According to Rosenberg, The Book of J spent seven weeks near the top of the New York Times best-seller list and “achieved a record paperback sale”. Judging by the standard of the poetry cited in this memoir, such success was merited. Here are just two examples from Rosenberg’s translation of Ecclesiastes: “all life depressingly empty/ hollow as cardboard dumbbells/ in a bad circus”; “the best thing for a man/ is to eat, drink and be/ just be.” There is a spiritual intensity here which pervades both the poetry and the prose of this memoir.

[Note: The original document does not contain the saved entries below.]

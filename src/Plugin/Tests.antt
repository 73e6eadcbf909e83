-- ===== src/Plugin/Tests.antt =====
-- Templates, the registry of work items and the search for cycles at small inputs.
use donkeyspace.Prelude.{
  ◌≡◌, ◌↔◌, ◌⊎◌, refl, true, false, List, [], ◌∷◌, none, some, Result, ok, err, text_eq, is_empty,
  is_distinct, All, Memᴰ,
}
use mathlib.Core.WellFounded.{Acc}
use donkeyspace.Text.{Text, lit}
use donkeyspace.DepthFirst.Cycles.{Leads}
use donkeyspace.Plugin.{PluginWorkItem, fails}
use donkeyspace.Plugin.Samples.{sample_manifest, sample_flow, sample_items, item_of_id}
use donkeyspace.Plugin.Templates.{placeholders}
use donkeyspace.Plugin.Templates.Placeholders.{Template, placeholders_iff}
use donkeyspace.Plugin.Graph.{validate_task_graph, cycle_error, dependencies_of, DependsOn}
use donkeyspace.Plugin.Graph.Decides.{validate_task_graph_decides}
use donkeyspace.Plugin.Validate.Samples.{sample_accepted}
use donkeyspace.Plugin.Validate.Accepted.{IsRunnable, links_known, validate-IsRunnable}
use donkeyspace.Plugin.WorkItems.{ids, select_lifecycle_work_items, validate_work_items}
use donkeyspace.Plugin.WorkItems.Selection.{select_lifecycle_work_items_lem}
use donkeyspace.Plugin.WorkItems.Decides.{Explains, validate_work_items_explained}

validate-IsRunnable_example : IsRunnable sample_flow
validate-IsRunnable_example =
    validate-IsRunnable sample_manifest (lit "main") sample_flow sample_accepted (Memᴰ.head refl)

sample-IsRunnable : IsRunnable sample_flow
sample-IsRunnable =
    validate-IsRunnable sample_manifest (lit "main") sample_flow sample_accepted (Memᴰ.head refl)

validate_task_graph_decides_example :
    ((validate_task_graph (lit "main") sample_flow ≡ ok tt)
      × ((name : Text) → Acc (DependsOn sample_flow) name))
    ⊎ ((name : Text) × (validate_task_graph (lit "main") sample_flow
          ≡ err (fails (cycle_error (lit "main") name)))
        × Leads (dependencies_of sample_flow) name name)
validate_task_graph_decides_example =
    validate_task_graph_decides (lit "main") sample_flow
      (links_known sample_flow sample-IsRunnable.links)

validate_work_items_explained_example : Explains sample_items (validate_work_items sample_items)
validate_work_items_explained_example = validate_work_items_explained sample_items

items_selected :
    select_lifecycle_work_items sample_items (some (lit "b" ∷ []))
    ≡ ok (item_of_id (lit "b") (lit "a" ∷ []) ∷ [])
unfolding select_lifecycle_work_items lit donkeyspace.Prelude.to_set donkeyspace.Prelude.list_eq
items_selected = refl

select_lifecycle_work_items_example :
    (ids (item_of_id (lit "b") (lit "a" ∷ []) ∷ []) ≡ lit "b" ∷ [])
    × (is_distinct (lit "b" ∷ []) ≡ true)
    × (is_empty (item_of_id (lit "b") (lit "a" ∷ []) ∷ []) ≡ false)
    × All
        (λ (i : PluginWorkItem Text). Memᴰ i sample_items)
        (item_of_id (lit "b") (lit "a" ∷ []) ∷ [])
select_lifecycle_work_items_example =
    select_lifecycle_work_items_lem sample_items (lit "b" ∷ [])
      (item_of_id (lit "b") (lit "a" ∷ []) ∷ []) items_selected

placeholders_iff_example :
    (placeholders (lit "a}b{issue_title}") ≡ ok (lit "issue_title" ∷ []))
    ↔ Template (lit "a}b{issue_title}") (lit "issue_title" ∷ [])
placeholders_iff_example = placeholders_iff (lit "a}b{issue_title}") (lit "issue_title" ∷ [])

-- The stray brace of this text is not reported.
stray_brace_accepted : placeholders (lit "a}b{issue_title}") ≡ ok (lit "issue_title" ∷ [])
unfolding placeholders lit donkeyspace.Text.split_once
stray_brace_accepted = refl
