-- ===== src/Plugin/Validate/Tests.antt =====
-- A manifest that `validate` rejects.
use donkeyspace.Prelude.{◌≡◌, refl, err}
use donkeyspace.Text.{lit}
use donkeyspace.Plugin.{PluginManifest, PluginError, Abort, fails, invalid}
use donkeyspace.Plugin.Samples.{sample_manifest}
use donkeyspace.Plugin.Validate.{validate}
use donkeyspace.Plugin.Validate.Accepted.{validate_never_panics}

abbrev next_version : PluginManifest
next_version = record sample_manifest { api_version = 2 }

next_version_rejected : validate next_version ≡ err (fails (invalid (lit "api_version must be 1")))
unfolding validate lit donkeyspace.Plugin.Validate.manifest_header
next_version_rejected = refl

validate_never_panics_example :
    (e : PluginError) × (fails (invalid (lit "api_version must be 1")) ≡ fails e)
validate_never_panics_example = validate_never_panics next_version next_version_rejected
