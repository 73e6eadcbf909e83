-- ===== src/Policy.antt =====
-- crates/donkeyspace-core/src/policy.rs: what a repository allows the agents to do. Reading the
-- policy from YAML and its version migration are left out.
mod Tests
pub mod Engagement
pub mod Labels
pub mod PathPattern
pub mod Risk
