-- ===== src/Policy/Engagement.antt =====
-- `EngagementPolicy` of crates/donkeyspace-core/src/policy.rs: who may start or resume work, for
-- each gate and repository. A `PolicyError::Invalid` carries the text of its message.
pub mod Laws
use donkeyspace.Prelude.{
  ℕ, ◌≡◌, refl, Bool, true, false, not, ◌&&◌, ◌||◌, List, [], ◌∷◌, ◌++◌, Option, none, some, Result,
  ok, err, fail_if, ◌>>=◌, ◌>>◌, for_each, when_some, contains, text_eq, is_empty, any, nat_eq,
  if◌then◌else◌,
}
use donkeyspace.Text.{Text, lit, is_blank, eq_ignore_ascii_case, split_once, has_char}

pub data EngagementGate : Type 0 where
  initial needs_info_resume blocked_resume needs_human_resume : EngagementGate

pub data EngagementSelector : Type 0 where
  token_owner any_user issue_author repository_owner repository_organization_member :
      EngagementSelector
  user : (login : Text) → EngagementSelector
  organization_member : (organization : Text) → EngagementSelector
  team_member : (organization team_slug : Text) → EngagementSelector
  author_association : (association : Text) → EngagementSelector
  collaborator_permission : (minimum : Text) → EngagementSelector
  bot : (login : Text) → EngagementSelector
  github_app : (id : Option ℕ) (slug : Option Text) → EngagementSelector

pub record EngagementRule : Type 0 where
  pub required_labels : List Text
  pub allow : List EngagementSelector

pub record RepositoryEngagementPolicy : Type 0 where
  pub default : EngagementRule
  pub initial : Option EngagementRule
  pub needs_info_resume : Option EngagementRule
  pub blocked_resume : Option EngagementRule
  pub needs_human_resume : Option EngagementRule

pub record EngagementPolicy : Type 0 where
  pub default : EngagementRule
  pub initial : Option EngagementRule
  pub needs_info_resume : Option EngagementRule
  pub blocked_resume : Option EngagementRule
  pub needs_human_resume : Option EngagementRule
  pub repositories : List (Text × RepositoryEngagementPolicy)

abbrev pub rule_or : Option EngagementRule → EngagementRule → EngagementRule
rule_or none d = d
rule_or (some r) d = r

unfoldable pub repository_rule : EngagementGate → RepositoryEngagementPolicy → EngagementRule
repository_rule initial p = rule_or p.initial p.default
repository_rule needs_info_resume p = rule_or p.needs_info_resume p.default
repository_rule blocked_resume p = rule_or p.blocked_resume p.default
repository_rule needs_human_resume p = rule_or p.needs_human_resume p.default

unfoldable pub global_rule : EngagementGate → EngagementPolicy → EngagementRule
global_rule initial p = rule_or p.initial p.default
global_rule needs_info_resume p = rule_or p.needs_info_resume p.default
global_rule blocked_resume p = rule_or p.blocked_resume p.default
global_rule needs_human_resume p = rule_or p.needs_human_resume p.default

-- `repositories.iter().find_map(…)`: the first entry whose name matches but for ASCII case.
unfoldable pub find_repository :
    Text → List (Text × RepositoryEngagementPolicy) → Option RepositoryEngagementPolicy
find_repository repository [] = none
find_repository repository ((name, rules) ∷ more) =
    let later = find_repository repository more in
    if eq_ignore_ascii_case name repository then some rules else later

rule_in : EngagementGate → EngagementPolicy → Option RepositoryEngagementPolicy → EngagementRule
unfolding repository_rule global_rule
rule_in gate p none = global_rule gate p
rule_in gate p (some rules) = repository_rule gate rules

unfoldable pub rule : EngagementPolicy → EngagementGate → Option Text → EngagementRule
unfolding global_rule rule_in find_repository
rule p gate none = global_rule gate p
rule p gate (some repository) = rule_in gate p (find_repository repository p.repositories)

unfoldable pub nonempty : Text → Text → Result Text (Unit {0})
nonempty name value =
    fail_if (is_blank value) (lit "engagement selector `" ++ (name ++ lit "` cannot be empty"))

abbrev pub associations : List Text
associations =
    lit "COLLABORATOR"
    ∷ lit "CONTRIBUTOR"
    ∷ lit "FIRST_TIMER"
    ∷ lit "FIRST_TIME_CONTRIBUTOR"
    ∷ lit "MANNEQUIN"
    ∷ lit "MEMBER"
    ∷ lit "NONE"
    ∷ lit "OWNER"
    ∷ []

abbrev pub permissions : List Text
permissions = lit "read" ∷ lit "triage" ∷ lit "write" ∷ lit "maintain" ∷ lit "admin" ∷ []

unfoldable pub validate_selector : EngagementSelector → Result Text (Unit {0})
unfolding nonempty
validate_selector (user login) = nonempty (lit "login") login
validate_selector (bot login) = nonempty (lit "login") login
validate_selector (organization_member organization) = nonempty (lit "organization") organization
validate_selector (team_member organization team_slug) = do
  nonempty (lit "organization") organization
  nonempty (lit "team_slug") team_slug
validate_selector (author_association association) =
    fail_if (not (contains associations association))
      (lit "unknown GitHub author association `" ++ (association ++ lit "`"))
validate_selector (collaborator_permission minimum) =
    fail_if (not (contains permissions minimum))
      (lit "unknown GitHub collaborator permission `" ++ (minimum ++ lit "`"))
validate_selector (github_app (some id) none) = ok tt
validate_selector (github_app none (some slug)) = nonempty (lit "slug") slug
validate_selector (github_app _ _) =
    err (lit "github_app selector requires exactly one of `id` or `slug`")
validate_selector _ = ok tt

unfoldable pub validate_rule : EngagementRule → Result Text (Unit {0})
unfolding validate_selector
validate_rule r = for_each validate_selector r.allow

-- The loop over the default and the four optional rules.
abbrev validate_rules : EngagementRule → List (Option EngagementRule) → Result Text (Unit {0})
validate_rules default others = do
  validate_rule default
  for_each (λ o. when_some o validate_rule) others

unfoldable pub validate_repository : RepositoryEngagementPolicy → Result Text (Unit {0})
unfolding validate_rule
validate_repository p =
    validate_rules p.default
      (p.initial ∷ p.needs_info_resume ∷ p.blocked_resume ∷ p.needs_human_resume ∷ [])

abbrev is_owner_and_name : Option (Text × Text) → Bool
is_owner_and_name none = false
is_owner_and_name (some (owner, name)) =
    not (is_empty owner) && not (is_empty name) && not (has_char b'/' name)

unfoldable pub validate_repository_name : Text → Result Text (Unit {0})
validate_repository_name repository =
    fail_if (not (is_owner_and_name (split_once b'/' repository)))
      (lit "engagement repository `" ++ (repository ++ lit "` must use owner/name"))

unfoldable pub validate : EngagementPolicy → Result Text (Unit {0})
unfolding validate_rule validate_repository validate_repository_name
validate p = do
  validate_rules p.default
      (p.initial ∷ p.needs_info_resume ∷ p.blocked_resume ∷ p.needs_human_resume ∷ [])
  for_each
      (λ (e : Text × RepositoryEngagementPolicy).
        validate_repository_name e.0 >> validate_repository e.1)
      p.repositories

A Life in a Poem places Rosenberg within the context of such American poets as Walt Whitman, Emily Dickinson, Wallace Stevens and “the New York School masters, [Frank] O’Hara, [James] Schuyler, and especially Kenneth Koch”.

But, perhaps he finds his closest literary soul-mate in Charles Reznikoff, whom Rosenberg characterises as both an “experimenting” American-Jewish poet and one of the “few major English-language writers who can be said to love the Hebrew Bible”. Clearly, Rosenberg’s modern English and ancient Hebrew reveals a similar love .

Peter Lawson’s books include ‘Passionate Renewal: Jewish Poetry in Britain since 1945’ and a volume of poems, ‘Senseless Hours’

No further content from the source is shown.